→ **Problem requirements**: Would you copy each line of the records that includes the word "true"?

☆ ☆ ☆ ☆ ☆

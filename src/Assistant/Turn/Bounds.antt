-- ===== src/Assistant/Turn/Bounds.antt =====
-- A turn of the assistant (assistant/service.py) ends, and does a bounded amount of work.
use terraformer.Base.{
  ℕ, zero, suc, ◌+◌, ◌≤◌, ◌≡◌, refl, sym, ◌∙◌, ap, false, List, [], ◌∷◌, ◌++◌, append_assoc,
  append-nil, ltb, is_empty, arith, All-append, Bool-cases, inl, inr, none, some, Option, true,
}
use terraformer.Text.{is_some}
use terraformer.Assistant.Context.{ChatMessage, History, tool}
use terraformer.Assistant.Turn.{
  ToolCallRequest, ToolResult, answered, TurnError, AssistantEvent, done, Env, Turn, max_rounds,
  max_calls, add_message, answer_call, run_calls, finish, ask_model, run_rounds, run_turn, is_zero,
  started,
}
use terraformer.Assistant.Turn.Work.{
  is_done, IsWork, result_count, result_count-append, Works, stays, Works-trans, answer-cases,
  ask_model-Works, ask_model-counts, run_calls-Works,
}

-- What the calls of a round add: `results` are the tool results stored.
abbrev pub Within : Turn → Turn → Type 0
Within t r =
    (r.requests ≡ t.requests)
    × (t.calls_made ≤ r.calls_made)
    × (result_count r.stored + t.calls_made ≤ result_count t.stored + max_calls)
    × (is_some r.failure ≡ false
        → r.calls_made ≤ max_calls
        → result_count r.stored + t.calls_made ≡ result_count t.stored + r.calls_made)

abbrev pub answer : ToolCallRequest → ToolResult → ChatMessage
answer c r = record { role = tool; content = r.payload; tool_call_id = some c.id; tool_calls = [] }

pub answer_call-counts :
    (c : ToolCallRequest) (r : ToolResult) (t : Turn)
    → result_count (answer_call c r t).stored ≡ suc (result_count t.stored)
unfolding answer_call add_message result_count
answer_call-counts c r t = result_count-append t.stored (answer c r ∷ []) ∙ omega arith

pub run_calls-Within :
    (env : Env) (cs : List ToolCallRequest) (t : Turn)
    → t.calls_made ≤ max_calls
    → Within t (run_calls env cs t)
unfolding run_calls
run_calls-Within env [] t h = (refl, omega arith, omega arith, λ _ _. refl)
run_calls-Within env (c ∷ cs) t h =
    let counted : Turn = record t { calls_made = suc t.calls_made } in
    elim (Bool-cases (ltb max_calls (suc t.calls_made))) [
      | inl o ↦ rw (o, run_calls) (refl, omega arith, omega arith, λ _ k. ground (arith, o, k))
      | inr o ↦ elim (answer-cases (env.run_tool c)) [
        | inl (r, e) ↦
            let next = answer_call c r counted in
            let (p, q, b, x) = run_calls-Within env cs next (ground (arith, o)) in
            let n = answer_call-counts c r counted in
            rw (o, run_calls, e) (p, omega arith, omega arith, λ f k. omega (arith, x f k))
        | inr (y, e) ↦
            rw (o, run_calls, e) (refl, omega arith, omega arith, λ f k. ground (arith, f))
      ]
    ]

-- No tool raises.
abbrev pub ToolsAnswer : Env → Type 0
ToolsAnswer env = (c : ToolCallRequest) → (r : ToolResult) × (env.run_tool c ≡ answered r)

answer_call-failure :
    (c : ToolCallRequest) (r : ToolResult) (t : Turn) → (answer_call c r t).failure ≡ t.failure
unfolding answer_call add_message
answer_call-failure c r t = refl

pub run_calls-failure :
    (env : Env) (cs : List ToolCallRequest) (t : Turn)
    → ToolsAnswer env
    → (run_calls env cs t).failure ≡ t.failure
unfolding run_calls
run_calls-failure env [] t h = refl
run_calls-failure env (c ∷ cs) t h =
    let counted : Turn = record t { calls_made = suc t.calls_made } in
    let (r, e) = h c in
    elim (Bool-cases (ltb max_calls (suc t.calls_made))) [
      | inl o ↦ rw (o, run_calls) refl
      | inr o ↦
          rw (o, run_calls, e)
            (run_calls-failure env cs (answer_call c r counted) h ∙ answer_call-failure c r counted)
    ]

-- What ends a turn: `done`, unless it raised.
abbrev pub ending : Option TurnError → List AssistantEvent
ending none = done ∷ []
ending (some e) = []

-- Ended by one `done` or by what it raised, after at most `left` more requests, and with the limit on
-- calls kept.
abbrev pub Finished : ℕ → Turn → Turn → Type 0
Finished left t r =
    ((body : List AssistantEvent) × ((r.events ≡ t.events ++ (body ++ ending r.failure))
        × IsWork body))
    × (r.requests ≤ t.requests + left)
    × (result_count r.stored + t.calls_made ≤ result_count t.stored + max_calls)

no_failure : (o : Option TurnError) → is_some o ≡ false → ending o ≡ done ∷ []
no_failure none e = refl
no_failure (some x) e = ground (arith, e)

a_failure : (o : Option TurnError) → is_some o ≡ true → ending o ≡ []
a_failure none e = ground (arith, e)
a_failure (some x) e = refl

finish-Finished :
    (left : ℕ) (t r : Turn)
    → Works t r
    → is_some r.failure ≡ false
    → r.requests ≤ t.requests + left
    → result_count r.stored + t.calls_made ≤ result_count t.stored + max_calls
    → Finished left t (finish r)
finish-Finished left t r (xs, (e, w)) f p q = (
  (
    xs,
    (
      ap (λ (l : List AssistantEvent). l ++ done ∷ []) e
          ∙ append_assoc t.events xs (done ∷ [])
          ∙ ap (λ (l : List AssistantEvent). t.events ++ (xs ++ l)) (sym (no_failure r.failure f)),
      w,
    ),
  ),
  p,
  q,
)

failed-Finished :
    (left : ℕ) (t r : Turn)
    → Works t r
    → is_some r.failure ≡ true
    → r.requests ≤ t.requests + left
    → result_count r.stored + t.calls_made ≤ result_count t.stored + max_calls
    → Finished left t r
failed-Finished left t r (xs, (e, w)) f p q = (
  (
    xs,
    (
      e
          ∙ ap (λ (l : List AssistantEvent). t.events ++ l) (sym (append-nil xs))
          ∙ ap (λ (l : List AssistantEvent). t.events ++ (xs ++ l)) (sym (a_failure r.failure f)),
      w,
    ),
  ),
  p,
  q,
)

-- Rounds after some work.
later-Finished :
    (left : ℕ) (t s r : Turn)
    → Works t s
    → s.requests ≡ suc t.requests
    → result_count s.stored + t.calls_made ≡ result_count t.stored + s.calls_made
    → Finished left s r
    → Finished (suc left) t r
later-Finished left t s r (xs, (e, w)) p q ((body, (g, v)), a, b) = (
  (
    xs ++ body,
    (
      g
          ∙ ap (λ (l : List AssistantEvent). l ++ (body ++ ending r.failure)) e
          ∙ append_assoc t.events xs (body ++ ending r.failure)
          ∙ ap (λ (l : List AssistantEvent). t.events ++ l)
              (sym (append_assoc xs body (ending r.failure))),
      All-append (λ k. is_done k ≡ false) xs body w v,
    ),
  ),
  omega arith,
  omega arith,
)

pub run_rounds-Finished :
    (env : Env) (left : ℕ) (t : Turn)
    → t.calls_made ≤ max_calls
    → is_some t.failure ≡ false
    → Finished left t (run_rounds env left t)
unfolding run_rounds
run_rounds-Finished env zero t h n =
    finish-Finished zero t t (stays t) n (omega arith) (omega arith)
run_rounds-Finished env (suc left) t h n =
    let reply = (ask_model env (is_zero left) t).0 in
    let heard_turn = (ask_model env (is_zero left) t).1 in
    let called = run_calls env reply.calls heard_turn in
    let (requests, made, results, failed) = ask_model-counts env (is_zero left) t in
    let (p, q, r, x) = run_calls-Within env reply.calls heard_turn (omega arith) in
    let heard_works = ask_model-Works env (is_zero left) t in
    let works =
      Works-trans t heard_turn called heard_works (run_calls-Works env reply.calls heard_turn) in
    let some_failure = ap is_some failed in
    elim (Bool-cases (is_some reply.failure)) [
      | inl f ↦ rw (f) (
          failed-Finished (suc left) t heard_turn heard_works (some_failure ∙ f) (omega arith)
            (omega arith))
      | inr f ↦ elim (Bool-cases (is_empty reply.calls)) [
        | inl e ↦
            rw (f, e)
              (finish-Finished (suc left) t heard_turn heard_works (some_failure ∙ f) (omega arith)
                (omega arith))
        | inr e ↦ elim (Bool-cases (is_some called.failure)) [
          | inl g ↦
              rw (f, e, g) (failed-Finished (suc left) t called works g (omega arith) (omega arith))
          | inr g ↦ elim (Bool-cases (ltb max_calls called.calls_made)) [
            | inl o ↦
                rw (f, e, g, o)
                  (finish-Finished (suc left) t called works g (omega arith) (omega arith))
            | inr o ↦
                let kept : called.calls_made ≤ max_calls = ground (arith, o) in
                let balance = x g kept in
                rw (f, e, g, o)
                  (later-Finished left t called (run_rounds env left called) works (omega arith)
                    (omega arith) (run_rounds-Finished env left called kept g))
          ]
        ]
      ]
    ]

-- The events of a turn are some work, and then one `done` unless the turn raised. The model is asked at
-- most thirteen times, and at most forty results of tools are stored, whether the turn raised or not.
pub run_turn-Finished :
    (env : Env) (history : History) → Finished 13 (started env history) (run_turn env history)
unfolding run_turn
run_turn-Finished env history =
    run_rounds-Finished env (suc max_rounds) (started env history) (omega arith) refl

☆ ☆ ☆ ☆ ☆

→ **Solution**:
  append-nil, ltb, is_empty, arith, All-append, Bool-cases, inl, inr, none, some, Option, true,
a_failure : (o : Option TurnError) → is_some o ≡ true → ending o ≡ []
    → is_some r.failure ≡ true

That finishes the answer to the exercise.